Alternatively, one can learn the rules and rely on them, adding annotations when I know type inference won’t help, or changing the design so that type inference will work. Some people enjoy working this way.
And for some things, I know no such rules for Scalac.

Conversely, I know singleton types are never inferred, so I annotate them as needed when writing code (at least in certain patterns), without needing to think too much about it.

Having to add annotations in response to errors would take (me) longer, possibly get me out of flow, and be overall more annoying. I can’t say how much actual time is lost there, and I don’t think the same estimate works for different people.

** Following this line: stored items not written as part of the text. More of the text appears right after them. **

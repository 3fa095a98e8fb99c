-- ===== src/Simulator/Publish.antt =====
-- simulator/transaction_simulator.py: `ask_decision` and `run_simulator`, which publishes what the
-- generator yields.
use rtace.Base.{
  ◌&&◌, is_some, ℕ, suc, ◌+◌, String, ◌≡◌, false, not, Bool, Option, none, some, List, [], ◌∷◌,
  ◌==◌, append, length, if◌then◌else◌,
}
use rtace.Platform.{Platform}
use rtace.Config.{KafkaConfig}
use rtace.Models.{TransactionEvent, AuthEvent}
use rtace.Kafka.{Message, Producer, send_message, flush}
use rtace.Kafka.Delivery.{send_all}
use rtace.Detection.{transaction, login}
use rtace.Simulator.{Random, Yield, emitted, sleep, SimulatorSettings}

-- `decision.get("verdict", "?")`
abbrev verdict_field : List (String × String) → String
verdict_field [] = "?"
verdict_field ((k, v) ∷ decision) = if k == "verdict" then v else verdict_field decision

-- What `json.loads` makes of an answer: an object; a value that is false, such as null; or any other
-- value, which has no `get`.
pub data Answer : Type 0 where
  decision : List (String × String) → Answer
  falsy other_value : Answer

-- What becomes of the request to the decision service.
pub data Exchange : Type 0 where
  answered : Answer → Exchange
  url_error timeout_error json_decode_error other_error : Exchange

-- `none`: the exception is not caught.
unfoldable pub ask_decision : Exchange → Option (Option Answer)
ask_decision (answered answer) = some (some answer)
ask_decision url_error = some none
ask_decision timeout_error = some none
ask_decision json_decode_error = some none
ask_decision other_error = none

-- The verdict of a decision or None; `none` where `get` raises an AttributeError.
abbrev pub verdict_of : Option Answer → Option String
verdict_of none = some "UNAVAILABLE"
verdict_of (some falsy) = some "UNAVAILABLE"
verdict_of (some (decision [])) = some "UNAVAILABLE"
verdict_of (some (decision ((k, v) ∷ fields))) = some (verdict_field ((k, v) ∷ fields))
verdict_of (some other_value) = none

abbrev is_url : Option String → Bool
is_url none = false
is_url (some url) = not (url == "")

module _ (p : Platform) (rnd : Random p.F) (V : Type 0) (of_tx : TransactionEvent p → V)
    (of_auth : AuthEvent p → V) (kafka_config : KafkaConfig) (settings : SimulatorSettings p rnd)
    (exchange : TransactionEvent p → Exchange) where
  -- `if settings.decision_url`
  abbrev pub url_set : Bool
  url_set = is_url settings.decision_url

  -- The variables of `run_simulator`: the producer, the number of events sent, the verdicts in their
  -- order, and the sleeps.
  pub record Publishing : Type 0 where
    pub producer : Producer V
    pub sent : ℕ
    pub verdicts : List String
    pub sleeps : List p.F

  abbrev pub tx_message : TransactionEvent p → Message V
  tx_message tx = record {
    topic = kafka_config.tx_events_topic;
    value = of_tx tx;
    key = some tx.user_id;
  }

  abbrev pub auth_message : AuthEvent p → Message V
  auth_message a = record {
    topic = kafka_config.auth_events_topic;
    value = of_auth a;
    key = some a.user_id;
  }

  -- The verdict on a transaction, or `none` where the loop is left with an exception.
  abbrev pub verdict : TransactionEvent p → Option String
  verdict tx = elim (ask_decision (exchange tx)) [ none ↦ none | some answer ↦ verdict_of answer ]

  -- The decision service is asked first, where its address is set.
  unfoldable pub ask_first : TransactionEvent p → Publishing → Option Publishing
  ask_first tx s =
      let asked : Option Publishing = elim (verdict tx) [
        | none ↦ none
        | some v ↦ some (record s { verdicts = append s.verdicts (v ∷ []) })
      ] in
      if url_set then asked else some s

  -- One item of the loop; `none` where an exception leaves the loop.
  unfoldable pub publish_one : Yield p rnd → Publishing → Option Publishing
  publish_one sleep s =
      some (record s { sleeps = append s.sleeps (settings.interval_seconds ∷ []) })
  publish_one (emitted (transaction tx) scenario) s = elim (ask_first tx s) [
    | none ↦ none
    | some s' ↦
        some (record s' { producer = send_message (tx_message tx) s'.producer; sent = suc s'.sent })
  ]
  publish_one (emitted (login a) scenario) s =
      some (record s { producer = send_message (auth_message a) s.producer; sent = suc s.sent })

  unfoldable pub publish_all : List (Yield p rnd) → Publishing → Publishing
  publish_all [] s = s
  publish_all (y ∷ ys) s = elim (publish_one y s) [ none ↦ s | some s' ↦ publish_all ys s' ]

  -- The items until the interrupt, or an exception, and the `finally` block.
  unfoldable pub run_simulator : List (Yield p rnd) → Publishing → Publishing
  run_simulator ys s = let s' = publish_all ys s in record s' { producer = flush s'.producer }

  -- The specification of the verdict: of an object that is not empty its own, or a question mark;
  -- without an answer, or with one that is false, that the service is unavailable; otherwise none.
  abbrev pub expected : Exchange → Option String
  expected (answered (decision [])) = some "UNAVAILABLE"
  expected (answered (decision (field ∷ fields))) = some (verdict_field (field ∷ fields))
  expected (answered falsy) = some "UNAVAILABLE"
  expected (answered other_value) = none
  expected url_error = some "UNAVAILABLE"
  expected timeout_error = some "UNAVAILABLE"
  expected json_decode_error = some "UNAVAILABLE"
  expected other_error = none

  -- The items before the first transaction whose verdict is an exception.
  abbrev pub is_lost : Yield p rnd → Bool
  is_lost (emitted (transaction tx) scenario) = url_set && not (is_some (expected (exchange tx)))
  is_lost (emitted (login a) scenario) = false
  is_lost sleep = false

  abbrev pub reached : List (Yield p rnd) → List (Yield p rnd)
  reached [] = []
  reached (y ∷ ys) = let rest = reached ys in if is_lost y then [] else y ∷ rest

  -- Each event is one message, to the topic of its kind, under its user.
  abbrev pub message_of : Yield p rnd → List (Message V)
  message_of sleep = []
  message_of (emitted (transaction tx) scenario) = tx_message tx ∷ []
  message_of (emitted (login a) scenario) = auth_message a ∷ []

  abbrev pub messages_of : List (Yield p rnd) → List (Message V)
  messages_of [] = []
  messages_of (y ∷ ys) = append (message_of y) (messages_of ys)

  -- the verdicts on the transactions, if the service is asked
  abbrev pub verdict_on : Yield p rnd → List String
  verdict_on (emitted (transaction tx) scenario) =
      if url_set then elim (expected (exchange tx)) [ none ↦ [] | some v ↦ v ∷ [] ] else []
  verdict_on (emitted (login a) scenario) = []
  verdict_on sleep = []

  abbrev pub verdicts_on : List (Yield p rnd) → List String
  verdicts_on [] = []
  verdicts_on (y ∷ ys) = append (verdict_on y) (verdicts_on ys)

  -- what one item adds
  abbrev Step : Yield p rnd → Publishing → Publishing → Type 0
  Step y s s' =
      (s'.producer ≡ send_all (message_of y) s.producer)
      × (s'.sent ≡ s.sent + length (message_of y))
      × (s'.verdicts ≡ append s.verdicts (verdict_on y))

  -- what some items add
  abbrev Adds : List (Yield p rnd) → Publishing → Publishing → Type 0
  Adds ys s s' =
      (s'.producer ≡ send_all (messages_of ys) s.producer)
      × (s'.sent ≡ s.sent + length (messages_of ys))
      × (s'.verdicts ≡ append s.verdicts (verdicts_on ys))
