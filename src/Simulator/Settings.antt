-- ===== src/Simulator/Settings.antt =====
-- The settings of simulator/transaction_simulator.py: the defaults, `from_env` and `_parse_args`.
use rtace.Base.{ℕ, String, Option, none, some, ◌==◌, if◌then◌else◌}
use rtace.Platform.{Platform}
use rtace.Config.Env.{Loaded, loaded, Reading, number, parsed, ◌>>=◌}
use rtace.Simulator.{Random, SimulatorSettings}

-- `text or None`
abbrev nonempty : Option String → Option String
nonempty none = none
nonempty (some text) = if text == "" then none else some text

-- a flag of the command line, or its default
abbrev flag_or {ℓ} : {A : Type ℓ} → A → Option A → A
flag_or default none = default
flag_or default (some a) = a

-- the same where the default may be None
abbrev flag_else {ℓ} : {A : Type ℓ} → Option A → Option A → Option A
flag_else default none = default
flag_else default (some a) = some a

-- The flags given.
pub record Flags (F : Type 0) : Type 0 where
  pub interval : Option F
  pub users : Option ℕ
  pub replay_p : Option F
  pub travel_p : Option F
  pub auth_fail_p : Option F
  pub burst_every : Option ℕ
  pub stuffing_user_every : Option ℕ
  pub stuffing_ip_every : Option ℕ
  pub seed : Option ℕ
  pub decision_url : Option String

module _ (p : Platform) (rnd : Random p.F) (getenv : String → Option String)
    (int : String → Reading) (float : String → Option p.F) where
  -- `SimulatorSettings()`, over the doubles of 0.5, 0.05, 0.02 and 0.10
  abbrev pub default_settings : p.F → p.F → p.F → p.F → SimulatorSettings p rnd
  default_settings interval replay travel fail = record {
    interval_seconds = interval;
    num_users = 100;
    replay_probability = replay;
    impossible_travel_probability = travel;
    auth_fail_probability = fail;
    burst_every = 200;
    stuffing_user_every = 150;
    stuffing_ip_every = 400;
    seed = none;
    decision_url = none;
  }

  -- the two parsers, which name the variable where they fail
  abbrev int_of : String → String → Loaded ℕ
  int_of name text = number name (int text)

  abbrev float_of : String → String → Loaded p.F
  float_of name text = parsed name (float text)

  -- `parse(os.getenv(name, default))`, which leaves a default that is a number as it is
  unfoldable pub read_or : {A : Type 0} → (String → String → Loaded A) → String → A → Loaded A
  read_or parse name default = elim (getenv name) [
    | none ↦ loaded default
    | some text ↦ parse name text
  ]

  abbrev seed_of : Option String → Loaded (Option ℕ)
  seed_of none = loaded none
  seed_of (some text) = do n ← int_of "SIM_SEED" text; loaded (some n)

  -- `SimulatorSettings.from_env()`
  unfoldable pub settings_from_env : SimulatorSettings p rnd → Loaded (SimulatorSettings p rnd)
  settings_from_env d = do
    interval_seconds ← read_or float_of "SIM_INTERVAL_SECONDS" d.interval_seconds
    num_users ← read_or int_of "SIM_USERS" d.num_users
    replay_probability ← read_or float_of "SIM_REPLAY_PROBABILITY" d.replay_probability
    impossible_travel_probability ←
        read_or float_of "SIM_IMPOSSIBLE_TRAVEL_PROBABILITY" d.impossible_travel_probability
    auth_fail_probability ← read_or float_of "SIM_AUTH_FAIL_PROBABILITY" d.auth_fail_probability
    burst_every ← read_or int_of "SIM_BURST_EVERY" d.burst_every
    stuffing_user_every ← read_or int_of "SIM_STUFFING_USER_EVERY" d.stuffing_user_every
    stuffing_ip_every ← read_or int_of "SIM_STUFFING_IP_EVERY" d.stuffing_ip_every
    seed ← seed_of (nonempty (getenv "SIM_SEED"))
    loaded (record {
      interval_seconds = interval_seconds;
      num_users = num_users;
      replay_probability = replay_probability;
      impossible_travel_probability = impossible_travel_probability;
      auth_fail_probability = auth_fail_probability;
      burst_every = burst_every;
      stuffing_user_every = stuffing_user_every;
      stuffing_ip_every = stuffing_ip_every;
      seed = seed;
      decision_url = nonempty (getenv "SIM_DECISION_URL");
    })

  -- `_parse_args`: what `from_env` gave are the defaults of the flags.
  unfoldable pub parse_args : Flags p.F → SimulatorSettings p rnd → SimulatorSettings p rnd
  parse_args flags env = record {
    interval_seconds = flag_or env.interval_seconds flags.interval;
    num_users = flag_or env.num_users flags.users;
    replay_probability = flag_or env.replay_probability flags.replay_p;
    impossible_travel_probability = flag_or env.impossible_travel_probability flags.travel_p;
    auth_fail_probability = flag_or env.auth_fail_probability flags.auth_fail_p;
    burst_every = flag_or env.burst_every flags.burst_every;
    stuffing_user_every = flag_or env.stuffing_user_every flags.stuffing_user_every;
    stuffing_ip_every = flag_or env.stuffing_ip_every flags.stuffing_ip_every;
    seed = flag_else env.seed flags.seed;
    decision_url = nonempty (flag_else env.decision_url flags.decision_url);
  }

I feel a reason some are so vocally annoyed at Scalac is that it’s often hard to predict what it’ll do, even for experts. (Guess: People with this complaint are likely to prefer GHC).
I know that’s one reason why in my research group we use Scala a lot but still never taught it to beginner students, but only use it in more advanced courses. (Also, I know nothing like the How to Design Programs curriculum for Scala).

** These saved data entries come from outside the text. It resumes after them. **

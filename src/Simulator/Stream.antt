-- ===== src/Simulator/Stream.antt =====
-- The parts of a pass of simulator/transaction_simulator.py, and what their events are.
use rtace.Base.{
  ℕ, zero, suc, String, ◌≡◌, ◌≢◌, refl, sym, ◌∙◌, subst, inl, inr, Bool, true, false, ◌&&◌, Option,
  none, some, List, [], ◌∷◌, ◌==◌, eq_iff, length, if◌then◌else◌, All, All-mono, Bool-cases,
  Option-cases,
}
use mathlib.Core.List.{Memᴰ}
use rtace.Platform.{Platform}
use rtace.Models.{TransactionEvent}
use rtace.Detection.{transaction, login}
use rtace.Simulator.{
  Location, location_coords, code, locations, normal, replay, impossible_travel, fraud_burst,
  stuffing_user, stuffing_ip, Random, Yield, emitted, sleep, SimulatorSettings, Sim, choose, find,
  store, make_transaction, make_auth, normal_event, travel_from, fresh_event, tx_event, auth_event,
  burst_events, stuffing_user_events, stuffing_ip_events, get_or, stuffing_user_ip,
  stuffing_attack_ip,
}
use rtace.Simulator.Past.{since, Mem-since, Each, others_in-others, get_or-All}

module _ (p : Platform) (rnd : Random p.F) (stamp : ℕ → String × p.Time)
    (settings : SimulatorSettings p rnd) where
  -- The transaction carries the location and its coordinates.
  abbrev pub At : Location → TransactionEvent p → Type 0
  At l tx =
      (tx.location ≡ code l)
      × (tx.latitude ≡ p.parse (location_coords l).1)
      × (tx.longitude ≡ p.parse (location_coords l).2)

  module _ (u : String) (us : List String) (home : String → Location) where
    abbrev pub FromHome : TransactionEvent p → Type 0
    FromHome tx = At (home tx.user_id) tx

    -- What an event is, after the past: its scenario says how it was made.
    unfoldable pub Faithful : List (Yield p rnd) → Yield p rnd → Type 0
    Faithful past sleep = Unit
    Faithful past (emitted (transaction tx) normal) = FromHome tx
    Faithful past (emitted (login a) normal) = Unit
    Faithful past (emitted (transaction tx) replay) = Memᴰ (emitted (transaction tx) normal) past
    Faithful past (emitted (transaction tx) impossible_travel) =
        (l : Location) × (l ≢ home tx.user_id) × At l tx
    Faithful past (emitted (transaction tx) fraud_burst) = FromHome tx
    Faithful past (emitted (login a) stuffing_user) =
        (a.success ≡ false) × (a.ip_address ≡ stuffing_user_ip)
    Faithful past (emitted (login a) stuffing_ip) =
        (a.success ≡ false) × (a.ip_address ≡ stuffing_attack_ip)
    Faithful past (emitted (transaction tx) stuffing_user) = ⊥
    Faithful past (emitted (transaction tx) stuffing_ip) = ⊥
    Faithful past (emitted (login a) replay) = ⊥
    Faithful past (emitted (login a) impossible_travel) = ⊥
    Faithful past (emitted (login a) fraud_burst) = ⊥

    -- Each stored transaction was yielded, as its user's normal one.
    abbrev pub Yielded : List (Yield p rnd) → String × TransactionEvent p → Type 0
    Yielded past (v, tx) = (tx.user_id ≡ v) × Memᴰ (emitted (transaction tx) normal) past

    abbrev pub Stored : List (Yield p rnd) → List (String × TransactionEvent p) → Type 0
    Stored past = All (Yielded past)

    -- A step yields faithful events and keeps what it stores yielded.
    abbrev pub KeepsAll :
        List (Yield p rnd) → List (Yield p rnd) → List (String × TransactionEvent p) → Type 0
    KeepsAll past ys txs = Each Faithful past ys × Stored (since past ys) txs

    abbrev pub Keeps : List (Yield p rnd) → List (Yield p rnd) × Sim p rnd → Type 0
    Keeps past (ys, s) = KeepsAll past ys s.last_tx

    Stored-since :
        (past ys : List (Yield p rnd)) (txs : List (String × TransactionEvent p))
        → Stored past txs
        → Stored (since past ys) txs
    Stored-since past ys txs =
        All-mono (Yielded past) (Yielded (since past ys)) txs
          (λ x h. (h.0, Mem-since _ past ys h.1))

    Stored-store :
        (past : List (Yield p rnd)) (txs : List (String × TransactionEvent p)) (v : String)
        (tx : TransactionEvent p)
        → tx.user_id ≡ v
        → Memᴰ (emitted (transaction tx) normal) past
        → Stored past txs
        → Stored past (store p rnd v tx txs)
    Stored-store past [] v tx own seen h = ((own, seen), tt)
    Stored-store past ((w, old) ∷ txs) v tx own seen h = elim (Bool-cases (w == v)) [
      | inl same ↦ rw same ((own ∙ sym ((eq_iff w v).0 same), seen), h.1)
      | inr other ↦ rw other (h.0, Stored-store past txs v tx own seen h.1)
    ]

    abbrev Found : List (Yield p rnd) → String → Option (TransactionEvent p) → Type 0
    Found past v none = Unit
    Found past v (some tx) = Yielded past (v, tx)

    find-Found :
        (past : List (Yield p rnd)) (txs : List (String × TransactionEvent p)) (v : String)
        → Stored past txs
        → Found past v (find p rnd v txs)
    find-Found past [] v h = tt
    find-Found past ((w, old) ∷ txs) v h = elim (Bool-cases (w == v)) [
      | inl same ↦ rw same (h.0.0 ∙ (eq_iff w v).0 same, h.0.1)
      | inr other ↦ rw other (find-Found past txs v h.1)
    ]

    -- One event that is no new `last_tx`.
    pub one-Keeps :
        (past : List (Yield p rnd)) (y : Yield p rnd) (txs : List (String × TransactionEvent p))
        → Faithful past y
        → Stored past txs
        → KeepsAll past (y ∷ []) txs
    one-Keeps past y txs h stored = ((h, tt), Stored-since past (y ∷ []) txs stored)

    abbrev pub single : Yield p rnd × Sim p rnd → List (Yield p rnd) × Sim p rnd
    single (y, s) = (y ∷ [], s)

    normal_event-Keeps :
        (past : List (Yield p rnd)) (v : String) (s : Sim p rnd)
        → Stored past s.last_tx
        → Keeps past (single (normal_event p rnd stamp settings u us home v s))
    unfolding normal_event make_transaction choose Faithful
    normal_event-Keeps past v s h = (
      ((refl, refl, refl), tt),
      Stored-store _ s.last_tx v _ refl (Memᴰ.head refl) (Stored-since past (_ ∷ []) s.last_tx h),
    )

    travel_from-Keeps :
        (ls : List Location) (past : List (Yield p rnd)) (v : String) (s : Sim p rnd)
        → All (λ l. l ≢ home v) ls
        → Stored past s.last_tx
        → Keeps past (single (travel_from p rnd stamp settings u us home ls v s))
    unfolding travel_from choose make_transaction Faithful
    travel_from-Keeps [] past v s others h = normal_event-Keeps past v s h
    travel_from-Keeps (l ∷ ls) past v s others h =
        let i = (rnd.choice (suc (length ls)) s.rng).0 in
        one-Keeps past _ s.last_tx
          (
            get_or l (l ∷ ls) i,
            get_or-All (λ x. x ≢ home v) l (l ∷ ls) i others.0 others,
            (refl, refl, refl),
          )
          h

    fresh_event-Keeps :
        (roll : p.F) (past : List (Yield p rnd)) (v : String) (s : Sim p rnd)
        → Stored past s.last_tx
        → Keeps past (single (fresh_event p rnd stamp settings u us home roll v s))
    unfolding fresh_event
    fresh_event-Keeps roll past v s h =
        elim (Bool-cases (
          p.fle settings.replay_probability roll
          && p.flt roll
              (p.fadd settings.replay_probability settings.impossible_travel_probability))) [
                | inl travels ↦
                    rw travels
                      (travel_from-Keeps _ past v s (others_in-others locations (home v)) h)
                | inr stays ↦ rw stays (normal_event-Keeps past v s h)
              ]

    pub tx_event-Keeps :
        (past : List (Yield p rnd)) (v : String) (s : Sim p rnd)
        → Stored past s.last_tx
        → Keeps past (single (tx_event p rnd stamp settings u us home v s))
    unfolding tx_event Faithful
    tx_event-Keeps past v s h =
        let drawn : p.F × rnd.G = rnd.random s.rng in
        let fresh = fresh_event-Keeps drawn.0 past v (record s { rng = drawn.1 }) h in
        elim (Option-cases (find p rnd v s.last_tx)) [
          | inl first ↦ rw (tx_event, first) fresh
          | inr (tx, found) ↦ elim (Bool-cases (p.flt drawn.0 settings.replay_probability)) [
            | inl replays ↦
                let yielded = subst (Found past v) found (find-Found past s.last_tx v h) in
                rw (tx_event, found, replays) (one-Keeps past _ s.last_tx yielded.1 h)
            | inr other ↦ rw (tx_event, found, other) fresh
          ]
        ]

    pub auth_event-Keeps :
        (past : List (Yield p rnd)) (s : Sim p rnd)
        → Stored past s.last_tx
        → Keeps past (single (auth_event p rnd stamp settings u us home s))
    unfolding auth_event choose make_auth Faithful
    auth_event-Keeps past s h = one-Keeps past _ s.last_tx tt h

    pub burst_events-Keeps :
        (n : ℕ) (past : List (Yield p rnd)) (v : String) (s : Sim p rnd)
        → Stored past s.last_tx
        → Keeps past (burst_events p rnd stamp settings u us home n v s)
    unfolding burst_events make_transaction choose Faithful
    burst_events-Keeps zero past v s h = (tt, h)
    burst_events-Keeps (suc n) past v s h =
        let rest = burst_events-Keeps n (_ ∷ past) v _ (Stored-since past (_ ∷ []) s.last_tx h) in
        (((refl, refl, refl), rest.0), rest.1)

    pub stuffing_user_events-Keeps :
        (n : ℕ) (past : List (Yield p rnd)) (v : String) (s : Sim p rnd)
        → Stored past s.last_tx
        → Keeps past (stuffing_user_events p rnd stamp settings u us home n v s)
    unfolding stuffing_user_events make_auth Faithful
    stuffing_user_events-Keeps zero past v s h = (tt, h)
    stuffing_user_events-Keeps (suc n) past v s h =
        let rest =
          stuffing_user_events-Keeps n (_ ∷ past) v _ (Stored-since past (_ ∷ []) s.last_tx h) in
        (((refl, refl), rest.0), rest.1)

    pub stuffing_ip_events-Keeps :
        (n i : ℕ) (past : List (Yield p rnd)) (s : Sim p rnd)
        → Stored past s.last_tx
        → Keeps past (stuffing_ip_events p rnd stamp settings u us home n i s)
    unfolding stuffing_ip_events make_auth Faithful
    stuffing_ip_events-Keeps zero i past s h = (tt, h)
    stuffing_ip_events-Keeps (suc n) i past s h =
        let rest =
          stuffing_ip_events-Keeps n (suc i) (_ ∷ past) _
            (Stored-since past (_ ∷ []) s.last_tx h) in
        (((refl, refl), rest.0), rest.1)

    pub due-Keeps :
        (is_due : Bool) (past : List (Yield p rnd)) (attack : List (Yield p rnd) × Sim p rnd)
        (s : Sim p rnd)
        → Keeps past attack
        → Stored past s.last_tx
        → Keeps past (if is_due then attack else ([], s))
    due-Keeps true past attack s h stored = h
    due-Keeps false past attack s h stored = (tt, stored)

Dotty is one the road to being more predictable. I wish it goes on, and I hope with my next job I’ll have a chance to contribute more seriously.

LPTK · August 30, 2017, 9:24am

On the one hand, it’s true that value/variable bindings have always acted like boundaries to Scala’s local type inference, so it’s not completely unexpected or unnatural that some widening (of literal types and unions) would happen on those boundaries too. It’s also consistent with how the type of values is widened (e.g., how x in val a = new A; val x = a has type A, not a.type).

On the other hand, one of the pain points of Scala’s type inference, in my experience, is how it sometimes infer useless upper bounds because of a small mistake somewhere in a program.
For example, when writing:

val l0 = List("a","b","c")
val l1 = List('a, 'b, 'c)
val lsum = l0 ++ l1

Where the last line should actually be:

val lsum = l0 ++ l1.map(_.name)

Trying to use lsum as in:

lsum.reduce(_ + _.length)

Gives us the unhelpful "value length is not a member of java.io.Serializable".

In simple examples like this, it’s easy to find the problem. But if you have a big pipelined transformation, especially if expressed in one single expression (admittedly, not the best style), this can be really annoying to find.

Instead of that error, having "value length is not a member of String | Symbol" would probably be more helpful, as it tells me exactly what went wrong.

AleksanderBG · October 25, 2017, 7:22am

There’s one thing which could be mentioned here - it’s actually possible to make Dotty infer union/intersection types for variables with this one weird trick:

scala> val a = if (true) 0 else ""
val a: Any = 0
scala> val a @ _ = if (true) 0 else ""
val a: (Int | String) @unchecked = 0

While this looks a bit hacky, it seems like this behaviour can be reasonably relied on. Destructuring assignment should behave exactly the same as pattern matching, and in pattern matching we don’t want to widen union types, so that we can assign precise types to bound variables and so that we can emit precise exhaustivity warnings.

I don’t know if this is a solid argument for things staying as they are, but at the very least this makes it possible to not explicitly annotate variables with union/intersection types everywhere we want one.